-- Opening Marker --

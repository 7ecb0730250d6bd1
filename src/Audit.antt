-- ===== src/Audit.antt =====
-- `opkssh audit`: commands/audit.go and commands/auditresults.go.
pub mod Clean
pub mod Outcome
pub mod Passwd
use opkssh.Base.{
  ℕ, suc, ◌+◌, Bool, true, false, not, ◌&&◌, ◌||◌, List, [], ◌∷◌, ◌++◌, Option, none, some, Str,
  str, ◌==◌, str_eq, if◌then◌else◌, Result, ok, err,
}
use opkssh.Text.{has_prefix, split}
use opkssh.Table.{Shell, RowDetails, blank, unreadable, parsed, read_rows_with_details}
use opkssh.ConfigLog.{ConfigLog, ConfigProblem, Message}
use opkssh.Policy.{User, Parsed, from_table}
use opkssh.Files.{FsError, LoadError, PermError}
use opkssh.Validator.{
  ValidationStatus, success, warning, error, Reason, unreadable_row, bad_row, ValidationRowResult,
  ProvidersRow, IssuerMap, new_policy_validator, validate_entry, calculate_summary, has_errors,
}

-- `PolicyFileResult`. `error` is the error of the read, and `perms_error` says whether the
-- permissions are wrong.
pub record PolicyFileResult : Type 0 where
  pub file_path : Str
  pub rows : List ValidationRowResult
  pub error : Option FsError
  pub perms_error : Bool

-- What is used of the result of `CheckFilePermissions`.
pub record PermResult : Type 0 where
  pub exists : Bool
  pub perms_err : Bool

-- `TotalResults`, without the descriptions of the system. `provider_error` stands for the error of
-- the providers file.
pub record TotalResults : Type 0 where
  pub all_ok : Bool
  pub provider_error : Bool
  pub system_policy : PolicyFileResult
  pub home_policies : List PolicyFileResult

-- `CheckFilePermissions` of commands/permcheck.go, on what `Exists` and `CheckPerm` return. The
-- access control lists are left out.
unfoldable pub check_file_permissions : Result FsError Bool → Option PermError → PermResult
check_file_permissions (err e) problem = record { exists = false; perms_err = true }
check_file_permissions (ok false) problem = record { exists = false; perms_err = false }
check_file_permissions (ok true) none = record { exists = true; perms_err = false }
check_file_permissions (ok true) (some e) = record { exists = true; perms_err = true }

abbrev pub bad_result : Reason → ℕ → ValidationRowResult
bad_result reason line = record {
  status = error;
  hints = [];
  principal = [];
  identity_attr = [];
  issuer = [];
  reason = reason;
  line_number = line;
}

-- The two inner loops of `auditPolicyFileWithStatus`.
pub principal_results : IssuerMap → User → ℕ → List Str → List ValidationRowResult
principal_results m u line [] = []
principal_results m u line (p ∷ ps) =
    validate_entry m p u.identity_attribute u.issuer line ∷ principal_results m u line ps

pub user_results : IssuerMap → ℕ → List User → List ValidationRowResult
user_results m line [] = []
user_results m line (u ∷ us) = principal_results m u line u.principals ++ user_results m line us

abbrev pub table_results : IssuerMap → ℕ → Parsed → List ValidationRowResult
table_results m line p = elim p.problems [
  | [] ↦ user_results m line p.policy.users
  | problem ∷ more ↦ bad_result (bad_row problem.error_message) line ∷ []
]

module _ (sh : Shell) (m : IssuerMap) (path : Str) where
  -- What one line adds to the results.
  pub line_results : ℕ → RowDetails → ConfigLog → List ValidationRowResult × ConfigLog
  line_results line (blank content) log = ([], log)
  line_results line (unreadable content) log = (bad_result unreadable_row line ∷ [], log)
  line_results line (parsed cols content) log =
      let p = from_table sh content path log in (table_results m line p, p.log)

  -- The loop over the lines; `line` is the number of the next one.
  pub audit_lines :
      ℕ
      → List ValidationRowResult
      → ConfigLog
      → List RowDetails
      → List ValidationRowResult × ConfigLog
  audit_lines line out log [] = (out, log)
  audit_lines line out log (d ∷ ds) =
      let (new, log1) = line_results line d log in audit_lines (suc line) (out ++ new) log1 ds

  abbrev pub read_results :
      Bool → Result FsError Str → ConfigLog → Result FsError (PolicyFileResult × Bool) × ConfigLog
  read_results perms_error (err e) log = (err e, log)
  read_results perms_error (ok content) log =
      let (rows, log1) = audit_lines 1 [] log (read_rows_with_details sh content) in
      (
        ok (
          record { file_path = path; rows = rows; error = none; perms_error = perms_error },
          true,
        ),
        log1,
      )

  -- `auditPolicyFileWithStatus(policyPath, permInfo, validator)`, on what the check of the
  -- permissions and the read of the file give. The flag says whether the file exists.
  unfoldable pub audit_policy_file :
      PermResult
      → Result FsError Str
      → ConfigLog
      → Result FsError (PolicyFileResult × Bool) × ConfigLog
  unfolding audit_lines line_results user_results principal_results
  audit_policy_file perm content log =
      if not perm.exists
      then (
        ok (record { file_path = path; rows = []; error = none; perms_error = false }, false),
        log,
      )
      else read_results perm.perms_err content log

abbrev pub rows_ok : List ValidationRowResult → Bool
rows_ok [] = true
rows_ok (r ∷ rs) = elim r.status [ success ↦ rows_ok rs | _ ↦ false ]

abbrev no_error : Option FsError → Bool
no_error none = true
no_error (some e) = false

abbrev file_clean : PolicyFileResult → Bool
file_clean f = no_error f.error && not f.perms_error

abbrev file_ok : PolicyFileResult → Bool
file_ok f = file_clean f && rows_ok f.rows

abbrev files_ok : List PolicyFileResult → Bool
files_ok [] = true
files_ok (f ∷ fs) = file_ok f && files_ok fs

-- `TotalResults.EvaluateOk()`
unfoldable pub evaluate_ok : TotalResults → Bool
evaluate_ok t = file_ok t.system_policy && (files_ok t.home_policies && not t.provider_error)

abbrev pub home_rows : List PolicyFileResult → List ValidationRowResult
home_rows [] = []
home_rows (f ∷ fs) = f.rows ++ home_rows fs

-- The rows of all files, as `Run` collects them.
abbrev pub all_rows : TotalResults → List ValidationRowResult
all_rows t = ([] ++ t.system_policy.rows) ++ home_rows t.home_policies

pub data AuditError : Type 0 where
  no_providers : LoadError → AuditError
  no_policy : FsError → AuditError
  found_errors : AuditError

module _ (sh : Shell) (check : Str → PermResult) (read : Str → Result FsError Str)
    (m : IssuerMap) where
  abbrev pub add_home :
      Str → List PolicyFileResult → Result FsError (PolicyFileResult × Bool) → List PolicyFileResult
  add_home path out (err e) =
      out ++ record { file_path = path; rows = []; error = some e; perms_error = false } ∷ []
  add_home path out (ok (f, false)) = out
  add_home path out (ok (f, true)) = out ++ f ∷ []

  -- The loop over the home directories.
  pub audit_homes : List PolicyFileResult → ConfigLog → List Str → List PolicyFileResult × ConfigLog
  audit_homes out log [] = (out, log)
  audit_homes out log (path ∷ paths) =
      let (r, log1) = audit_policy_file sh m path (check path) (read path) log in
      audit_homes (add_home path out r) log1 paths

  abbrev pub finished : PolicyFileResult → List PolicyFileResult → TotalResults
  finished system homes =
      let t : TotalResults = record {
        all_ok = false;
        provider_error = false;
        system_policy = system;
        home_policies = homes;
      } in
      record t { all_ok = evaluate_ok t }

  abbrev pub audit_rest :
      List Str
      → Result FsError (PolicyFileResult × Bool) × ConfigLog
      → Result AuditError TotalResults
  audit_rest paths (err e, log) = err (no_policy e)
  audit_rest paths (ok (system, exists), log) = ok (finished system (audit_homes [] log paths).0)

  -- `Audit(opksshVersion)` behind the load of the providers; `paths` are the policy files of the
  -- users, none where they are skipped or cannot be listed.
  abbrev pub audit_with : Str → List Str → ConfigLog → Result AuditError TotalResults
  audit_with path paths log =
      audit_rest paths (audit_policy_file sh m path (check path) (read path) log)

module _ (sh : Shell) (check : Str → PermResult) (read : Str → Result FsError Str) where
  -- `Audit(opksshVersion)`, on what the load of the providers gives.
  unfoldable pub audit :
      Result LoadError (List ProvidersRow)
      → Str
      → List Str
      → ConfigLog
      → Result AuditError TotalResults
  unfolding audit_homes
  audit (err e) path paths log = err (no_providers e)
  audit (ok rows) path paths log =
      audit_with sh check read (new_policy_validator rows) path paths log

  abbrev pub judged : Result AuditError TotalResults → Result AuditError (Unit {0})
  judged (err e) = err e
  judged (ok t) = if has_errors (calculate_summary (all_rows t)) then err found_errors else ok tt

  -- `Run(opksshVersion)`
  unfoldable pub run :
      Result LoadError (List ProvidersRow)
      → Str
      → List Str
      → ConfigLog
      → Result AuditError (Unit {0})
  run providers path paths log = judged (audit providers path paths log)

-- `getHomeDirsFromEtcPasswd(etcPasswd)`: names with their home directories.
abbrev passwd_fields : List Str → List (Str × Str)
passwd_fields (name ∷ passwd ∷ uid ∷ gid ∷ gecos ∷ dir ∷ shell ∷ more) =
    if dir == [] then [] else (name, dir) ∷ []
passwd_fields _ = []

pub passwd_entry : Str → List (Str × Str)
passwd_entry line =
    if line == [] || has_prefix line (str "#") then [] else passwd_fields (split line b':')

pub passwd_entries : List (Str × Str) → List Str → List (Str × Str)
passwd_entries out [] = out
passwd_entries out (line ∷ lines) = passwd_entries (out ++ passwd_entry line) lines

unfoldable pub get_home_dirs_from_etc_passwd : Str → List (Str × Str)
unfolding passwd_entries passwd_entry
get_home_dirs_from_etc_passwd text = passwd_entries [] (split text b'\n')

-- Closing Marker --

● Prompt
Restate word for word the entries above from the line with "abbrev file_ok : PolicyFileResult → Bool" through the line with "audit_homes out log (path", inclusive, leaving out everything else.

● Exercise solution
abbrev file_ok : PolicyFileResult → Bool
file_ok f = file_clean f && rows_ok f.rows

abbrev files_ok : List PolicyFileResult → Bool
files_ok [] = true
files_ok (f ∷ fs) = file_ok f && files_ok fs

-- `TotalResults.EvaluateOk()`
unfoldable pub evaluate_ok : TotalResults → Bool
evaluate_ok t = file_ok t.system_policy && (files_ok t.home_policies && not t.provider_error)

abbrev pub home_rows : List PolicyFileResult → List ValidationRowResult
home_rows [] = []
home_rows (f ∷ fs) = f.rows ++ home_rows fs

-- The rows of all files, as `Run` collects them.
abbrev pub all_rows : TotalResults → List ValidationRowResult
all_rows t = ([] ++ t.system_policy.rows) ++ home_rows t.home_policies

pub data AuditError : Type 0 where
  no_providers : LoadError → AuditError
  no_policy : FsError → AuditError
  found_errors : AuditError

module _ (sh : Shell) (check : Str → PermResult) (read : Str → Result FsError Str)
    (m : IssuerMap) where
  abbrev pub add_home :
      Str → List PolicyFileResult → Result FsError (PolicyFileResult × Bool) → List PolicyFileResult
  add_home path out (err e) =
      out ++ record { file_path = path; rows = []; error = some e; perms_error = false } ∷ []
  add_home path out (ok (f, false)) = out
  add_home path out (ok (f, true)) = out ++ f ∷ []

  -- The loop over the home directories.
  pub audit_homes : List PolicyFileResult → ConfigLog → List Str → List PolicyFileResult × ConfigLog
  audit_homes out log [] = (out, log)
  audit_homes out log (path ∷ paths) =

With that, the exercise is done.